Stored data
--- --- ---
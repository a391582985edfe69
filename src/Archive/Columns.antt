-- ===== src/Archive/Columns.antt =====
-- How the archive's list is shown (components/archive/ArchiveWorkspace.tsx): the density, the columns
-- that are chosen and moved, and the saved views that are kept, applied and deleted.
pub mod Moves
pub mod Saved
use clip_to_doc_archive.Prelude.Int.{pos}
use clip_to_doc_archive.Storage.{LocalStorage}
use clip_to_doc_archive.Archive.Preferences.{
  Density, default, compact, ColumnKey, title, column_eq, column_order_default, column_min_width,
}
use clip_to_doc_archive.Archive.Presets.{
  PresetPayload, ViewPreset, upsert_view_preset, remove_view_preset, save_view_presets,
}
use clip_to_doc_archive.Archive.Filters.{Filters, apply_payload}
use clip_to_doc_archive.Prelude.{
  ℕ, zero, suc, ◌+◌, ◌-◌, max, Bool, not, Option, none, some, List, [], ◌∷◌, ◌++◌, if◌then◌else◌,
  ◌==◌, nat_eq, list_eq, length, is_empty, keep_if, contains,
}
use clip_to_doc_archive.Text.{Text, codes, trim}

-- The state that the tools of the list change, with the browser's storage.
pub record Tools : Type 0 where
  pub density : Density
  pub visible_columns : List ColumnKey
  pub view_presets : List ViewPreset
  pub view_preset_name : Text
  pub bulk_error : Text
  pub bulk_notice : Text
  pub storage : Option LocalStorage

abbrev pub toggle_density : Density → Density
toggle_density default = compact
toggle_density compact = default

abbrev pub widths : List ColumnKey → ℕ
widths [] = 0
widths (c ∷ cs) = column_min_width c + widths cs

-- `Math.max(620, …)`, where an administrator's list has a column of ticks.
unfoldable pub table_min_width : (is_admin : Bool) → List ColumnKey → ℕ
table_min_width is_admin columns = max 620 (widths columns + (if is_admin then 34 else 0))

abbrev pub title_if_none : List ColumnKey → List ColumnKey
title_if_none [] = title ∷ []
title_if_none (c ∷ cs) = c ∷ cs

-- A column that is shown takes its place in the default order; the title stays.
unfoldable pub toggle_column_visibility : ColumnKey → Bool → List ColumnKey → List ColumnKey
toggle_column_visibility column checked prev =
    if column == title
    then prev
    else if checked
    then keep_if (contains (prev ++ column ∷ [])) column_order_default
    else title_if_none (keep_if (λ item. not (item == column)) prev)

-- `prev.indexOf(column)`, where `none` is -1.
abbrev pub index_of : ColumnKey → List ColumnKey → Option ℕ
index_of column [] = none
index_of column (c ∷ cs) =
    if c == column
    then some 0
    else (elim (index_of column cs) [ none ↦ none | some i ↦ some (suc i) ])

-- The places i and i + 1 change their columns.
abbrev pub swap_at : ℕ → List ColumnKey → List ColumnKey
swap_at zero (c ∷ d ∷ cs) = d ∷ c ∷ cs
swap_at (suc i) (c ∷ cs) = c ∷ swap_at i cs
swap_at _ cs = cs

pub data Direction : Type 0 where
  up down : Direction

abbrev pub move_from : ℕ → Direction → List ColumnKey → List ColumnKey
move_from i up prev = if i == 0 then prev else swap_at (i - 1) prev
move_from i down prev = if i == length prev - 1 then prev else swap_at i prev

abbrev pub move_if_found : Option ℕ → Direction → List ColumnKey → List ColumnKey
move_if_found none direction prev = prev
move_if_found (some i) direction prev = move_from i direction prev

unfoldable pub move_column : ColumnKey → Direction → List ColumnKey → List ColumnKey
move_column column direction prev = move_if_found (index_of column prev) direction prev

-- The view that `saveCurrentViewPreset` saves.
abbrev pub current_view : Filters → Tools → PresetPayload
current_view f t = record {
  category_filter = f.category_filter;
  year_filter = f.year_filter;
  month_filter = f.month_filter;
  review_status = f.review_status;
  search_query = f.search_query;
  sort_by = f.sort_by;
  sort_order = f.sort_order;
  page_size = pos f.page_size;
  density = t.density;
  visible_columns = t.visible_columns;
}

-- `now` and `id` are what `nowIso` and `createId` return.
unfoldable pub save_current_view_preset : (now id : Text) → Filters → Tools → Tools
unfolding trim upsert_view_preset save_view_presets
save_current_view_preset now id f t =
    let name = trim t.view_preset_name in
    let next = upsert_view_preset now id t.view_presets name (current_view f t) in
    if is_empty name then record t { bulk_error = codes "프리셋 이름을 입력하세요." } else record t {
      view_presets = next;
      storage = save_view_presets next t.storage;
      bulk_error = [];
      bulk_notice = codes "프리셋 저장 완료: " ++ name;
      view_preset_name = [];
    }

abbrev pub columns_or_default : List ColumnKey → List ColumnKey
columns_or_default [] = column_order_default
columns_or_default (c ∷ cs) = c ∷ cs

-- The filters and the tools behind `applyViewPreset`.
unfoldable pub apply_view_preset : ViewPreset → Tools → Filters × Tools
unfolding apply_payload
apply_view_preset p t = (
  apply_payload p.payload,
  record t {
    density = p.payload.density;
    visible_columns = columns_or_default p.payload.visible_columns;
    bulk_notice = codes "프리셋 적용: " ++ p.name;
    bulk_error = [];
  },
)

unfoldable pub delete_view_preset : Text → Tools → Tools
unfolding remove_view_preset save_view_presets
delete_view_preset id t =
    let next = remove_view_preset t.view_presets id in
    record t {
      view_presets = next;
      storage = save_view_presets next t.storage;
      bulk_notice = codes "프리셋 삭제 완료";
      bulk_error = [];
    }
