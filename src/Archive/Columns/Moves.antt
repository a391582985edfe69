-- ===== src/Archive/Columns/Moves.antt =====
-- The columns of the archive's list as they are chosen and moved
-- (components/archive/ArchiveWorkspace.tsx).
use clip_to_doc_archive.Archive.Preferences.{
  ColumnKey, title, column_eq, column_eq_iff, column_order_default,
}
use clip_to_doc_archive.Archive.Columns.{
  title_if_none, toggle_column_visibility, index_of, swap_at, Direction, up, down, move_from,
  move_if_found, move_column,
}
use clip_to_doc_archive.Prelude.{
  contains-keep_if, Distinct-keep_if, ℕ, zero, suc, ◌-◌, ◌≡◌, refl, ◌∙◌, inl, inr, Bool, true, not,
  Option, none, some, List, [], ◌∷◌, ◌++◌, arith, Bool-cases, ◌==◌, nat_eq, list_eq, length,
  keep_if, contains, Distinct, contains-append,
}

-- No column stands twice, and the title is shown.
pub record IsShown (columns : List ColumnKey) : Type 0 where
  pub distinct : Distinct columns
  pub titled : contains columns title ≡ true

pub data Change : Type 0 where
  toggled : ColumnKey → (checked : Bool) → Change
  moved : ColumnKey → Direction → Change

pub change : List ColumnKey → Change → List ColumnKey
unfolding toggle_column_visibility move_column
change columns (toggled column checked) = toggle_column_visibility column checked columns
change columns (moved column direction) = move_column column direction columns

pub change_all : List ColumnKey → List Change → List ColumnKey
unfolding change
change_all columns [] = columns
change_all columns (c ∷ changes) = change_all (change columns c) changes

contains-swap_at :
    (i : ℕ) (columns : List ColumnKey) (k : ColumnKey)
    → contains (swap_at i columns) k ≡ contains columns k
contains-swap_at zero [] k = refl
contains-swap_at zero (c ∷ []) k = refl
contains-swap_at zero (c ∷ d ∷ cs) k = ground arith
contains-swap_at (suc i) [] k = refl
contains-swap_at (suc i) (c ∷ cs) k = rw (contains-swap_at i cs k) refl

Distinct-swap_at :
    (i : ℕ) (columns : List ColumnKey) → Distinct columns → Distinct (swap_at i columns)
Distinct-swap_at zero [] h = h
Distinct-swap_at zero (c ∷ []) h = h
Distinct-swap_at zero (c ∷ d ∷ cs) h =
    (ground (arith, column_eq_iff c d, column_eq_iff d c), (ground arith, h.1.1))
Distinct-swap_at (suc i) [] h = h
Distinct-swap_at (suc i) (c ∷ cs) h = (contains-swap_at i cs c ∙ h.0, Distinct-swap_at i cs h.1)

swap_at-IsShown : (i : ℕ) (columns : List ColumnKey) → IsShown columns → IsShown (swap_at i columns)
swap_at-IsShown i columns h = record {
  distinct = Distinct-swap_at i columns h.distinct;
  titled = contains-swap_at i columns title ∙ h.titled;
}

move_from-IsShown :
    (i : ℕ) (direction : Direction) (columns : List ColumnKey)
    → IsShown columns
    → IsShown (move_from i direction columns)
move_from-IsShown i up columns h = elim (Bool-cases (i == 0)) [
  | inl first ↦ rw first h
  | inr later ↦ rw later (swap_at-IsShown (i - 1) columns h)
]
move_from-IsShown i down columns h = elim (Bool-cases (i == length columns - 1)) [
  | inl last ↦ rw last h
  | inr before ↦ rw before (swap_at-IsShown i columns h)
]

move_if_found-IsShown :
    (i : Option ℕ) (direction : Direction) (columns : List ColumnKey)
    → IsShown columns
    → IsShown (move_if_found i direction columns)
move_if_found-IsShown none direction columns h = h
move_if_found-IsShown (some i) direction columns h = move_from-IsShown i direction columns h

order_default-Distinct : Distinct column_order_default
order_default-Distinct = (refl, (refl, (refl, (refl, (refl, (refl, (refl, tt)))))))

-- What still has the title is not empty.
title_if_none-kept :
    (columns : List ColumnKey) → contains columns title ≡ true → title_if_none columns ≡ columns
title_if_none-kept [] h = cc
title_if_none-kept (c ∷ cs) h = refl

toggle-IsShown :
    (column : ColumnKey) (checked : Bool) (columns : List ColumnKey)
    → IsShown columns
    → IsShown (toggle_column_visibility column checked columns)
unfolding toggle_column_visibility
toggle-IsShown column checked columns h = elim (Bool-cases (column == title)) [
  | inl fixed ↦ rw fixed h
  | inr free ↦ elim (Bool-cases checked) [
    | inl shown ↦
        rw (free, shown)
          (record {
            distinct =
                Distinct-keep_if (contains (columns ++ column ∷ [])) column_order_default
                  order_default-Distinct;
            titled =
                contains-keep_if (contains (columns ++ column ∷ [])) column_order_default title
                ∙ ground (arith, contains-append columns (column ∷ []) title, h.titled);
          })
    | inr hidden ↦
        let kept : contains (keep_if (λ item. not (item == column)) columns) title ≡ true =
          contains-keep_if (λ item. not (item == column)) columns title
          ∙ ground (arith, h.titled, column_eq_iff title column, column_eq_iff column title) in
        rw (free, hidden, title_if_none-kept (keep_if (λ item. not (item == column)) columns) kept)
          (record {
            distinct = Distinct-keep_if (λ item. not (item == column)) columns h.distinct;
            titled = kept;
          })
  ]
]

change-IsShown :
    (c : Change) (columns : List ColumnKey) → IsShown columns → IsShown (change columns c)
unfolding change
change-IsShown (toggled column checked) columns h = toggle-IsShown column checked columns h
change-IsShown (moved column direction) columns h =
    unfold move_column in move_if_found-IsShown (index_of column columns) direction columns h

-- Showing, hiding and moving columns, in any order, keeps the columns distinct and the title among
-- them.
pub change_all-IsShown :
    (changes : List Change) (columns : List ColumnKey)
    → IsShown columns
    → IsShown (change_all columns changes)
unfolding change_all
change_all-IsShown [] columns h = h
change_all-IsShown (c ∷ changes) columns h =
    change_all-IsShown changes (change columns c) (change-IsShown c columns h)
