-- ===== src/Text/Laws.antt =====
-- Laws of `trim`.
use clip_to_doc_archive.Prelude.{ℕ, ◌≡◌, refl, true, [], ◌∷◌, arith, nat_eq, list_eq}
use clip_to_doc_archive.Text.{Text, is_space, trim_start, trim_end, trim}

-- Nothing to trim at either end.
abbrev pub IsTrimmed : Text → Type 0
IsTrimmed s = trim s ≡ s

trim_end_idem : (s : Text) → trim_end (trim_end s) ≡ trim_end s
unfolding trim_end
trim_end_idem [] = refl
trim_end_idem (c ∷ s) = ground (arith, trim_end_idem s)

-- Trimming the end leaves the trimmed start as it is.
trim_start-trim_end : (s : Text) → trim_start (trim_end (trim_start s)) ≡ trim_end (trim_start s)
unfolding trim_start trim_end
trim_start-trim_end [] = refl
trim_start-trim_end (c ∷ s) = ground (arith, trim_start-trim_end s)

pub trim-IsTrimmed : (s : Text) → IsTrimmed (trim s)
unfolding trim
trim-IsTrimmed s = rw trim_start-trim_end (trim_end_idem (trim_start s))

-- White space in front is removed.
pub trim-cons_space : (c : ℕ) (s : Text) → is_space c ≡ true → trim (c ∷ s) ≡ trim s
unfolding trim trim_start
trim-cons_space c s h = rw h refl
--- --- ---
DIRECTIONS FOR THIS TASK: In how many lines of the entries does "components" appear? Reply with only the number.

EXPECTED OUTPUT: 2